174. Extrait
Le grand chirurgien est là, derrière son masque
et sa robe de moine vert. Ce qu’il pense ici, il ne l’a jamais dit et ne
le dira jamais. En face, dans le même uniforme, une simple étudiante
choisie parce qu’elle est ambidextre, calme, et habile de ses doigts. Capable
de faire des nœuds minuscules des
deux mains. L’instrumentiste tient déjà ce qui va servir
dans quelques secondes.
Le silence gèle sous la lumière crue du Scialytique. On n’entend
que la respiration de l’opéré et parfois sa voix éteinte
qui geint. On ne l’a pas endormi. Ainsi, un simple contact d’un doigt sur
son cerveau heureusement insensible déclenchera ces sons ou ces gerbes
de lumière qui indiquent
l’usage de cette zone précise et disent si elle fonctionne encore.
L’étudiante aide le volet crânien à s’ouvrir comme on
force une porte sur l’inconnu. Dessous apparaît un paysage grisâtre
où de fines artères rouges palpitent au même rythme.
Des milliards de fils invisibles s’entrelacentsous cette tapisserie en relief.

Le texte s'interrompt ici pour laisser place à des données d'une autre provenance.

-- ===== src/Transaction/OpValue.antt =====
-- The JSON values of the applied operations of src/types/core.apply.ops.types.ts, which a delta
-- holds. A field that is undefined is left out, as JSON leaves it out.
use react_native_dblayer.Base.{Bool, true, false, Option, none, some, List, [], ◌∷◌, map}
use react_native_dblayer.Base.Str.{Str, text}
use react_native_dblayer.Base.StrMap.{StrMap}
use react_native_dblayer.Base.Value.{pos, int, Value, bool, num, str, arr, obj, Fields, done, field}
use react_native_dblayer.Scope.Entry.{
  ScopeCoverage, complete, page, delta, ScopeEntry, ScopeIndexValue, IncomingScopeRow,
}
use react_native_dblayer.Envelope.Types.{AppliedOp, upsert, destroy, scope, scope_delta}
use react_native_dblayer.Transaction.DeltaLog.{items_of}

fields_of : StrMap Value → Fields
fields_of [] = done
fields_of ((k, v) ∷ row) = field k v (fields_of row)

with_field : Str → Option Value → Fields → Fields
with_field k none fields = fields
with_field k (some value) fields = field k value fields

abbrev texts : List Str → Value
texts ids = arr (items_of (map str ids))

coverage_text : ScopeCoverage → Str
coverage_text complete = text "complete"
coverage_text page = text "page"
coverage_text delta = text "delta"

abbrev entry_value : ScopeEntry → Value
entry_value e = obj (field (text "id") (str e.id) (field (text "orderKey") (str e.order_key) done))

unfoldable pub scope_value : ScopeIndexValue → Value
unfolding items_of coverage_text
scope_value value = obj (
    field (text "generation") (num (int (pos value.generation))) (
      field (text "coverage") (str (coverage_text value.coverage))
        (field (text "entries") (arr (items_of (map entry_value value.entries))) done)))

incoming_value : IncomingScopeRow → Value
unfolding with_field
incoming_value row = obj (
    field (text "id") (str row.id) (
      with_field (text "orderKey") (elim row.order_key [ none ↦ none | some key ↦ some (str key) ])
        done))

replace_field : Bool → Fields → Fields
replace_field false fields = fields
replace_field true fields = field (text "origin") (str (text "replace")) fields

-- The object of an applied operation.
unfoldable pub op_value : AppliedOp → Value
unfolding items_of fields_of with_field scope_value incoming_value replace_field
op_value (upsert op) = obj (
    field (text "kind") (str (text "upsert")) (
      field (text "model") (str op.model) (
        field (text "rows") (arr (items_of (map (λ row. obj (fields_of row)) op.rows)))
          (replace_field op.is_replace done))))
op_value (destroy op) = obj (
    field (text "kind") (str (text "destroy")) (
      field (text "model") (str op.model) (
        field (text "ids") (texts op.ids) (
          with_field (text "tombstone") (elim op.tombstone [ none ↦ none | some b ↦ some (bool b) ])
            (replace_field op.is_replace (
              with_field (text "replacedBy")
                (elim op.replaced_by [ none ↦ none | some id ↦ some (str id) ]) done))))))
op_value (scope op) = obj (
    field (text "kind") (str (text "scope")) (
      field (text "model") (str op.model) (
        field (text "scopeKey") (str op.scope_key)
          (field (text "next") (scope_value op.next) done))))
op_value (scope_delta op) = obj (
    field (text "kind") (str (text "scope-delta")) (
      field (text "model") (str op.model) (
        field (text "scopeKey") (str op.scope_key) (
          field (text "append") (arr (items_of (map incoming_value op.append)))
            (field (text "detach") (texts op.detach) done)))))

Deux ans déjà qu’on l’appelle pour assister ce patron. Elle
faisait fièrement ce travail sans émotion, mais aujourd’hui
elle a de tels soucis
dans sa propre vie qu’elle ne peut plus garder ses distances. Ce qu’elle
a sous les yeux ne peut rester matière grise, même dite noble.

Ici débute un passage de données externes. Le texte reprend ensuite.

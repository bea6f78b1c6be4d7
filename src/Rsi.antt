-- ===== src/Rsi.antt =====
-- Package kuka_rsi_hw_interface (ros_ws/src/kuka_rsi_hw_interface), namespace `kuka_rsi`.
pub mod Frame
pub mod Monitor
pub mod Limiter
pub mod Hardware
pub mod Udp
pub mod Node
pub mod Mock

Elle imagine sous cette enveloppe le secret des milliards de souvenirs, d’angoisses
ou de jouissances accumulées en vingt-cinq ans. Tout est caché
là, sous une lumière éclatante, entre les champs stériles
éblouissants.
Le gisant est un plâtrier, divorcé, troubles de l’équilibre
depuis trois mois. Il a peur et halète sous le drap. Son encéphale
découvert est le lieu le plus inconnu et le plus complexe du
monde.
Pour la première fois, l’étudiante ne supporte plus de toucher
un cerveau qui est un homme. Elle voudrait fermer les yeux pour être
ailleurs, très loin. Elle a horreur de tous les gestes lents dans
le silence, de celui du chirurgien tâtant une circonvolution :
- Que ressentez-vous ?
- Rien.
- Et ici ?
- Arrêtez. Je crois que c’est ma mère.
- Elle est morte ?
- Je ne sais plus. Arrêtez, monsieur.
L’étudiante va enfin se réfugier dans ses amours quand un des
petits ruisseaux crève, aspergeant le masque du patron. L’instrumentiste
a déjà tendu le clip d’argent. Passer un fil fin comme un cheveu
sous l’artère minuscule. Mais cette fois le nœud lâche. A refaire.

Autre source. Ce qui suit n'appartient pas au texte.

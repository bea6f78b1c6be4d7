-- ===== src/Rsi/Limiter/Bounds.antt =====
-- What the hardware interface may send at all.
use kuka_iiqka_ros.Prelude.{true, false, ◌≡◌, arith}
use kuka_iiqka_ros.Double.{Double, nought, clamp, ◌≼◌}
use kuka_iiqka_ros.Double.Order.{IsOrdered, Within, Within-nought, clamp-Within, clamp_in_range}
use kuka_iiqka_ros.Sfc.Types.{CartesianCorrection, zero_correction}
use kuka_iiqka_ros.Rsi.Limiter.{CommandLimits, clamp_axis, clamp_all}

module _ {F : Type 0} ⦃d : Double F⦄ where
  pub record InLimits (l : CommandLimits F) (c : CartesianCorrection F) : Type 0 where
    pub x_in : Within l.max_trans c.x
    pub y_in : Within l.max_trans c.y
    pub z_in : Within l.max_trans c.z
    pub a_in : Within l.max_rot c.a
    pub b_in : Within l.max_rot c.b
    pub c_in : Within l.max_rot c.c

  pub record HasLimits (l : CommandLimits F) : Type 0 where
    pub trans : nought ≼ l.max_trans
    pub rot : nought ≼ l.max_rot

  pub record IsFinite (c : CartesianCorrection F) : Type 0 where
    pub x_fin : d.is_finite c.x ≡ true
    pub y_fin : d.is_finite c.y ≡ true
    pub z_fin : d.is_finite c.z ≡ true
    pub a_fin : d.is_finite c.a ≡ true
    pub b_fin : d.is_finite c.b ≡ true
    pub c_fin : d.is_finite c.c ≡ true

  module _ (laws : IsOrdered F) where
    open laws use {le_of_eq, finite_refl, refl_of_le, le_trans}

    clamp_axis-Within : (v lim : F) → nought ≼ lim → Within lim (clamp_axis v lim).0
    unfolding clamp_axis
    clamp_axis-Within v lim h =
        let c = clamp v lim in
        let w = clamp-Within laws v lim h in
        let z = Within-nought laws lim h in
        ground (arith, w, z, le_of_eq c v, le_trans (d.neg lim) c v w.0, le_trans v c lim)

    -- A value that is finite and in range stays the very same.
    clamp_axis_in_range :
        (v lim : F)
        → nought ≼ lim
        → d.is_finite v ≡ true
        → Within lim v
        → clamp_axis v lim ≡ (v, false)
    unfolding clamp_axis
    clamp_axis_in_range v lim h f w = ground (arith, clamp_in_range laws v lim h w)

    module _ (l : CommandLimits F) (h : HasLimits l) where
      -- Every axis of the result is within its limit, whatever the command holds, NaN and the
      -- infinities included, if the limits are not negative.
      pub clamp_all-InLimits : (c : CartesianCorrection F) → InLimits l (clamp_all c l).0
      unfolding clamp_all
      clamp_all-InLimits c = record {
        x_in = clamp_axis-Within c.x _ h.trans;
        y_in = clamp_axis-Within c.y _ h.trans;
        z_in = clamp_axis-Within c.z _ h.trans;
        a_in = clamp_axis-Within c.a _ h.rot;
        b_in = clamp_axis-Within c.b _ h.rot;
        c_in = clamp_axis-Within c.c _ h.rot;
      }

      pub zero-InLimits : InLimits l zero_correction
      zero-InLimits =
          let t = Within-nought laws l.max_trans h.trans in
          let r = Within-nought laws l.max_rot h.rot in
          record { x_in = t; y_in = t; z_in = t; a_in = r; b_in = r; c_in = r }

      -- A command that is finite and in range goes through unchanged and is not counted as modified.
      pub clamp_all_in_range :
          (c : CartesianCorrection F) → IsFinite c → InLimits l c → clamp_all c l ≡ (c, false)
      unfolding clamp_all
      clamp_all_in_range c f w = rw (
        clamp_axis_in_range c.x _ h.trans f.x_fin w.x_in,
        clamp_axis_in_range c.y _ h.trans f.y_fin w.y_in,
        clamp_axis_in_range c.z _ h.trans f.z_fin w.z_in,
        clamp_axis_in_range c.a _ h.rot f.a_fin w.a_in,
        clamp_axis_in_range c.b _ h.rot f.b_fin w.b_in,
        clamp_axis_in_range c.c _ h.rot f.c_fin w.c_in,
      )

Il lâche encore. A refaire. Regard inquiet du vis-à-vis.
- Faites vite s’il vous plaît, mademoiselle.
Cette artériole en fuite de vie, qu’alimente-t-elle ? Des images d’amour
ou de guerre ? Etrange question alors qu’il faut chercher à travers
une jungle de neurones cette maigre source de sang vif qui déborde,
inonde les méninges et va tout emporter. Heureusement cette fois le
nœud serre bien. Elle espère que personne ne voit son dos trempé
d’angoisse. Le chirurgien se penche et garde un moment le silence puis :
- On referme.
Le patient est soulagé mais les autres ont compris : inutile d’aller
plus loin. La tumeur est bien une saleté. En enlevant ce gliome on
ne sauvera rien et le plâtrier perdra l’écriture et la parole
pour le peu temps qu’il lui reste. La nature pervertie va dissoudre tous
ses secrets avant d’atteindre ses profondeurs mortelles.
Le volet est refermé. Le chirurgien déjà debout a jeté
ses gants. L’instrumentiste s’est glissé dans le couloir. A l’étudiante
de recoudre la peau. Elle est seule avec sa nausée. Ses doigts tremblent.
Cette suture de rien du tout lui paraît au-dessus de ses forces.
Bientôt, l’homme va questionner. Elle va mentir sous la lampe aux clartés
crues : ce malheureux devra se croire opéré. Il pourra traîner
encore quelques semaines d’espoir et faire des projets dans son jardin secret
avant d’en rejoindre un autre dont personne n’a jamais rien su.